Horizon is, in a word, seamless. It's massive, yet there are no loading screens peppered throughout the map (aside from fast travel and death), leaving Aloy's path open as she travels from village to village. There are plentiful side quests and save points (giant campfires) dotted along the way, and miles of mysterious wilderness for her to explore.

Source: Engadget

New Atom Chips Have 16-Cores

Just to prove that number of cores don't always mean more power, Intel has announced that their latest C3000 Atom chips will have a total of 16-cores and also include some "Pro" features. While many server chips don't even have 16-cores, the Atom's cores are not necessarily about computing power, they are about number of streams of data. While Hyperthreading works in theory, extra cores offer better performance in the real world and it is these cores that will help NAS arrays and other networking gear to handle loads better.

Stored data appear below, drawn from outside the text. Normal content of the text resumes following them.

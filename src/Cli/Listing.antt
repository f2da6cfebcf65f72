-- ===== src/Cli/Listing.antt =====
-- cmd/serialrpc/main.cc: what the command line prints of the services that a server lists, and the
-- choice of the command.
mod Texts
pub mod Distinct
use serialrpc.Base.{
  ℕ, ◌==◌, if◌then◌else◌, ◌||◌, ◌&&◌, Bool, true, false, ℤ, pos, negsuc, eqb_ℤ, Option, some, none,
  List, [], ◌∷◌, ◌++◌, get_elem?,
}
use serialrpc.Io.{Bytes}
use serialrpc.Client.Hello.{same_bytes}
use serialrpc.Cli.Method.{ListedField, ListedEnumValue, ListedType, ListedMethod, ListedService}
use serialrpc.Cli.Schema.{type_message, type_enum}
use serialrpc.Cli.Call.{void_text}
use Texts.*

unfoldable pub find_type : List ListedType → ℕ → Option ListedType
find_type [] id = none
find_type (type ∷ types) id =
    let later = find_type types id in if type.id == id then some type else later

unfoldable pub type_name : ListedService → ℕ → Bytes
unfolding find_type
type_name service id = elim (find_type service.types id) [
  | some type ↦ type.name
  | none ↦ unknown_text
]

-- By number; 10 is a group, and 11 and 14 have no scalar name.
abbrev pub scalar_names : List Bytes
scalar_names =
    unknown_text ∷ double_text ∷ float_text ∷ int64_text ∷ uint64_text ∷ int32_text ∷ fixed64_text
    ∷ fixed32_text ∷ bool_text ∷ string_text ∷ unknown_text ∷ unknown_text ∷ bytes_text
    ∷ uint32_text ∷ unknown_text ∷ sfixed32_text ∷ sfixed64_text ∷ sint32_text ∷ sint64_text ∷ []

unfoldable pub scalar_type_name : ℤ → Bytes
scalar_type_name (pos n) = elim (get_elem? scalar_names n) [
  | some name ↦ name
  | none ↦ unknown_text
]
scalar_type_name (negsuc n) = unknown_text

unfoldable pub field_type_name : ListedService → ListedField → Bytes
unfolding type_name scalar_type_name
field_type_name service field =
    if eqb_ℤ field.type type_message || eqb_ℤ field.type type_enum
    then type_name service field.type_id
    else scalar_type_name field.type

unfoldable pub contains : List Bytes → Bytes → Bool
unfolding same_bytes
contains [] name = false
contains (existing ∷ names) name =
    let later = contains names name in if same_bytes existing name then true else later

unfoldable pub print_method : ListedService → ListedMethod → Bytes
unfolding type_name
print_method service method =
    let request_stream : Bytes = if method.client_streaming then stream_text else [] in
    let response_stream : Bytes = if method.server_streaming then stream_text else [] in
    rpc_start
    ++ (method.name
        ++ (open_text
            ++ (request_stream
                ++ (type_name service method.request_type
                    ++ (returns_text
                        ++ (response_stream
                            ++ (type_name service method.response_type ++ rpc_end)))))))

unfoldable pub print_methods : ListedService → List ListedMethod → Bytes
unfolding print_method
print_methods service [] = []
print_methods service (method ∷ methods) =
    print_method service method ++ print_methods service methods

unfoldable pub print_services : List ListedService → Bytes
unfolding print_methods
print_services [] = []
print_services (service ∷ services) =
    service_start
    ++ (service.name
        ++ (block_start
            ++ (print_methods service service.methods ++ (service_end ++ print_services services))))

-- `unsigned` and `signed` are what `fmt` writes for `%v`.
module _ (unsigned : ℕ → Bytes) (signed : ℤ → Bytes) where
  unfoldable pub print_field : ListedService → ListedField → Bytes
  unfolding field_type_name
  print_field service field =
      let repeated : Bytes = if field.repeated then repeated_text else [] in
      indent
      ++ (repeated
          ++ (field_type_name service field
              ++ (space ++ (field.name ++ (equals ++ (unsigned field.number ++ line_end))))))

  unfoldable pub print_fields : ListedService → List ListedField → Bytes
  unfolding print_field
  print_fields service [] = []
  print_fields service (field ∷ fields) = print_field service field ++ print_fields service fields

  unfoldable pub print_enum_values : List ListedEnumValue → Bytes
  print_enum_values [] = []
  print_enum_values (value ∷ values) =
      (indent ++ (value.name ++ (equals ++ (signed value.number ++ line_end))))
      ++ print_enum_values values

  unfoldable pub print_type : ListedService → ListedType → Bytes
  unfolding same_bytes print_fields print_enum_values
  print_type service type =
      if eqb_ℤ type.type type_message
      then if same_bytes type.name void_text
        then []
        else message_start
          ++ (type.name ++ (block_start ++ (print_fields service type.fields ++ block_end)))
      else if eqb_ℤ type.type type_enum
      then enum_start
        ++ (type.name ++ (block_start ++ (print_enum_values type.enum_values ++ block_end)))
      else []

  -- The text, and the names that have been printed.
  unfoldable pub print_new :
      ListedService → List ListedType → List Bytes → Bytes → List Bytes × Bytes
  unfolding contains print_type
  print_new service [] printed_types out = (printed_types, out)
  print_new service (type ∷ types) printed_types out = elim (contains printed_types type.name) [
    | true ↦ print_new service types printed_types out
    | false ↦
        print_new service types (printed_types ++ type.name ∷ []) (out ++ print_type service type)
  ]

  unfoldable pub print_types : List ListedService → List Bytes → Bytes → List Bytes × Bytes
  unfolding print_new
  print_types [] printed_types out = (printed_types, out)
  print_types (service ∷ services) printed_types out =
      let now = print_new service service.types printed_types out in
      print_types services now.0 now.1

  -- What `list_services` prints of the response.
  unfoldable pub print_listing : List ListedService → Bytes
  unfolding print_services print_types
  print_listing services =
      services_start
      ++ (print_services services ++ (types_start ++ ((print_types services [] []).1 ++ 0x0a ∷ [])))

-- What `main` does with its arguments.
pub data Command : Type 0 where
  show_usage wrong_usage : Command
  list_of : Bytes → Command
  call_of : Bytes → Bytes → Bytes → Command
  unknown_command : Option Bytes → Command

unfoldable pub is_help : Bytes → Bool
unfolding same_bytes
is_help command = same_bytes command h_text || same_bytes command help_text

unfoldable pub is_list : Bytes → Bool
unfolding same_bytes
is_list command = same_bytes command list_text || same_bytes command ls_text

unfoldable pub list_command : List Bytes → Command
list_command (endpoint ∷ []) = list_of endpoint
list_command _ = wrong_usage

unfoldable pub call_command : List Bytes → Command
call_command (endpoint ∷ method ∷ []) = call_of endpoint method []
call_command (endpoint ∷ method ∷ request ∷ []) = call_of endpoint method request
call_command _ = wrong_usage

unfoldable pub is_alone : List Bytes → Bool
is_alone [] = true
is_alone (x ∷ xs) = false

-- The arguments behind the name of the program.
unfoldable pub choose : List Bytes → Command
unfolding same_bytes is_help is_list is_alone list_command call_command
choose [] = unknown_command none
choose (command ∷ args) =
    if is_alone args && is_help command
    then show_usage
    else if is_list command
    then list_command args
    else if same_bytes command call_text
    then call_command args
    else unknown_command (some command)
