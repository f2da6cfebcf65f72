-- ===== src/Client/Hello/SameBytes.antt =====
-- `==` of two texts.
use serialrpc.Base.{
  ◌==◌, ==_iff, if◌then◌else◌, Bool, true, false, Bool-cases, inl, inr, [], ◌∷◌, ◌≡◌, refl, sym, ap,
  ◌∙◌,
}
use serialrpc.Io.{Bytes}
use serialrpc.Client.Hello.{same_bytes}

pub same_bytes→≡ : (xs ys : Bytes) → same_bytes xs ys ≡ true → xs ≡ ys
unfolding same_bytes
same_bytes→≡ [] [] e = refl
same_bytes→≡ [] (y ∷ ys) e = absurd cc
same_bytes→≡ (x ∷ xs) [] e = absurd cc
same_bytes→≡ (x ∷ xs) (y ∷ ys) e = elim (Bool-cases (x == y)) [
  | inl same ↦
      let tail : same_bytes xs ys ≡ true =
        ap (λ (b : Bool). if b then same_bytes xs ys else false) (sym same) ∙ e in
      let rest = same_bytes→≡ xs ys tail in let first : x ≡ y = (==_iff x y).0 same in cc
  | inr other ↦ absurd (
      let no : false ≡ true =
        ap (λ (b : Bool). if b then same_bytes xs ys else false) (sym other) ∙ e in
      cc)
]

The Atom C3000 succeeds the older C2000 chips, which were originally targeted at microservers and networking and storage equipment. The Atom C2000 chips recently ran into trouble with a flaw that could crash servers and networking equipment. Intel has provided a temporary fix, but the company is working on a permanent fix.

Source: PCWorld

Cybersecurity "Experts"

A new poll has found the only 25% of candidates hired into cybersecurity jobs are actually qualified, and that's a stat that should scare pretty much everyone. Finding qualified security experts isn't an easy task due to the extreme shortage, however, it is also a good reminder once again that giving your personal information out online to sketchy outfits. If the big guys can't get qualified people to keep themselves and your data safe, chances are good that "Ed's discount cell phones" might not have the strictest data controls... DarkReading has more on this story.

Sobering news on the cybersecurity hiring front: More than 20% of organizations get fewer than five applicants for an open security job and more than half of all positions (55%) take at least three months to fill with a qualified candidate.

Of those who do apply, fewer than 25% are actually qualified for the posted job, according to a new ISACA report released at last week's RSA Conference in San Francisco.